→ Description of the task:
Write out only the final part of the records below. It begins with the line that contains "pub mod AnswerLaws" and ends with the last line.

→ Material provided:
*** Begin section ***

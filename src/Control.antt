-- ===== src/Control.antt =====
-- app/workers/ctrl: the HTTP interface that controls the connected nodes.
--
-- The router and the extractors of axum call the handlers with what they read from a request; a
-- handler is a function of that. The headers that axum adds by itself are left out.
pub mod Answers
pub mod Nodes
pub mod Proxy
pub mod UploadLaws
pub mod DownloadLaws
pub mod Routes
pub mod AnswerLaws
pub mod NodeLaws
pub mod ProxyLaws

*** End section ***

→ Task result:
pub mod AnswerLaws
pub mod NodeLaws
pub mod ProxyLaws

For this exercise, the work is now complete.